For those who baulk at a little reading, be aware that “The Salesman” was filmed in Farsi and subtitled in English for the states, but don’t let that turn you away from watching the movie. The pacing is so smooth and the dialog so interspersed that you don’t spend a whole lot of time actually reading, but watching the plot unfold through visual storytelling more often than not. The film opens up with an entire apartment building losing structural integrity and forcing dozens of families out onto the street and looking for new places to rent. Emad (Shahab Hosseini) and his wife Rana (Taraneh Alidoosti) are able to find another building thanks to an actor friend of theirs named Babak (Babak Karimi). The only thing is that the building still has clothes and belongings of the former tenant. Emad is a school teacher by day and both he and Rana amateur actors by night, and are actually going through the final run before opening night on Arthur Miller’s “Death of a Salesman”. After a late rehearsal where Emad is working late, Rana goes home to freshen up and prepared dinner. Hearing a buzz at the door she blindly rings the guest in and goes to hop into the shower, only for the viewer and Amad to witness the aftermath of an assault. 

The film handles the subject of the assault VERY delicately,you can never tell whether it was just a simple assault, or something more intimate, and even the recovery from the assault never completely spells it out, instead allowing for your own interpretation to fuel the sense of justice and anger brewing at the situation. However, there is a sense of loss and suffering that goes on after Rana has recovered. Rana is feeling violated and scared (like any normal person would), and Emad is filled with impotent rage. Calling the police is a non-issue as Farhadi hints at the culture that fuels these types of atrocities in the home location of Iran, and both Emad and Rana have pretty much hunkered down and are trying to weather the storm.

[img]http://www.hometheatershack.com/gallery/file.php?n=96746[/img]While Rana suffers emotionally, Emad is more proactive. The person who assaulted Rana ran off prematurely and left his pickup truck behind, allowing the school teacher the ability to track the guy down and find out whom was responsible and exact vengeance. He’s ALMOST there when he discovers that the truck is a bakery truck, with several people able to commandeer it any time, which leads Emad to a final solution. Track down one of the drivers and lure him into a trap so he could find out the identity of the criminal and give him something to truly fear. 

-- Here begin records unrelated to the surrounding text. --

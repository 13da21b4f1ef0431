-- ===== src/Decoder/Promises.antt =====
-- What the decoder's theorems rely on from FFmpeg: what a context has been told, and that a context
-- whose output has been read takes its input.
use mediadecode.Base.{
  ◌≡◌, sym, ap, ◌∙◌, Bool, true, false, Option, none, some, List, [], ◌∷◌, ◌++◌, append-nil,
  append_assoc, if◌then◌else◌, Result, ok, err,
}
use mediadecode.Decoder.Libav.{AvError, Libav}
use mediadecode.Decoder.Phase.{is_eagain, is_transient}
use mediadecode.Decoder.Footprint.{cpu_frame_bytes}

-- The packets that a context has accepted since it was opened or flushed, and whether it has
-- accepted the end.
abbrev pub Told : Type 0 → Type 0
Told P = List P × Bool

module _ {P : Type 0} where
  abbrev pub hear : P → Told P → Told P
  hear packet (packets, ended) = (packets ++ (packet ∷ []), ended)

  abbrev pub hear_end : Told P → Told P
  hear_end (packets, ended) = (packets, true)

  -- Only an accepted submission is heard.
  abbrev pub if_accepted : (Told P → Told P) → Option AvError → Told P → Told P
  if_accepted heard none t = heard t
  if_accepted heard (some e) t = t

  -- The packets heard one after another, and what a whole replay tells a context.
  abbrev pub hear_all : List P → Told P → Told P
  hear_all [] t = t
  hear_all (p ∷ ps) t = hear_all ps (hear p t)

  abbrev pub hear_history : Bool → List P → Told P → Told P
  hear_history eof_sent packets t =
      if eof_sent then hear_end (hear_all packets t) else hear_all packets t

  hear_all-eq :
      (packets sent : List P) (b : Bool) → hear_all packets (sent, b) ≡ (sent ++ packets, b)
  hear_all-eq [] sent b = ap (λ l. (l, b)) (sym (append-nil sent))
  hear_all-eq (p ∷ ps) sent b =
      hear_all-eq ps (sent ++ (p ∷ [])) b ∙ ap (λ l. (l, b)) (append_assoc sent (p ∷ []) ps)

  -- A replay into a context told nothing tells it the history.
  pub hear_history-fresh :
      (eof_sent : Bool) (packets : List P)
      → hear_history eof_sent packets ([], false) ≡ (packets, eof_sent)
  hear_history-fresh true packets = ap hear_end (hear_all-eq packets [] false)
  hear_history-fresh false packets = hear_all-eq packets [] false

module _ (F : Libav) where
  -- An answer other than that the output must be read first.
  abbrev pub IsNoAgain : Option AvError → Type 0
  IsNoAgain none = Unit
  IsNoAgain (some e) = is_eagain F e ≡ false

  -- A value, if there is one, satisfies `P`.
  abbrev pub OnOk : {E A : Type 0} → (A → Type 0) → Result E A → Type 0
  OnOk P (ok a) = P a
  OnOk P (err e) = Unit

  pub record Promises : Type 0 where
    -- A context's own account.
    pub told : F.Context → Told F.Packet
    pub told_build :
        (b : F.Backend) (w : F.World) → OnOk (λ c. told c ≡ ([], false)) (F.build_state b w).1
    pub told_send :
        (p : F.Packet) (c : F.Context)
        → told (F.send_packet p c).0 ≡ if_accepted (hear p) (F.send_packet p c).1 (told c)
    pub told_eof :
        (c : F.Context) → told (F.send_eof c).0 ≡ if_accepted hear_end (F.send_eof c).1 (told c)
    pub told_receive : (c : F.Context) → told (F.receive_frame c).0 ≡ told c
    pub told_flush : (c : F.Context) → told (F.flush c) ≡ ([], false)
    pub told_ceiling : (c : F.Context) → told (F.take_ceiling_declination c).0 ≡ told c
    pub told_budget : (c : F.Context) → told (F.take_frame_budget_declination c).0 ≡ told c
    -- `avcodec_send_packet`: once all output is read, the packet is resent, and the call does not
    -- answer `EAGAIN`.
    pub send_ready :
        (c : F.Context) (e : AvError)
        → (F.receive_frame c).1 ≡ err e
        → is_transient F e ≡ true
        → (p : F.Packet) → IsNoAgain (F.send_packet p (F.receive_frame c).0).1
    pub eof_ready :
        (c : F.Context) (e : AvError)
        → (F.receive_frame c).1 ≡ err e
        → is_transient F e ≡ true
        → IsNoAgain (F.send_eof (F.receive_frame c).0).1
    -- A copy is equal to its packet, and properties are copied without a change to the buffers.
    pub same_packet : (p : F.Packet) (w : F.World) → OnOk (λ q. q ≡ p) (F.try_clone_packet p w).1
    pub same_buffers :
        (cpu : F.CpuFrame) (surface : F.Surface) (w : F.World)
        → OnOk
            (λ cpu'. cpu_frame_bytes F cpu' ≡ cpu_frame_bytes F cpu)
            (F.copy_frame_props cpu surface w).1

“The Salesman” is not just a simple revenge story for an assault. It’s an allegory (or at least contains allegorical elements) of political turmoil in Iran, as well as a comparison between the crumbling buildings of their homeland with the crumbling marriage of Emad and Rana. The film starts out simply enough, showing a loving couple and their life after getting forcibly evicted due to the building’s structural integrity, but soon morphs into a downward spiral after the assault occurs. An event which brings out skeletons in the closet and fuels hidden angers and problems that had been masked in the seemingly happy marriage up till now. 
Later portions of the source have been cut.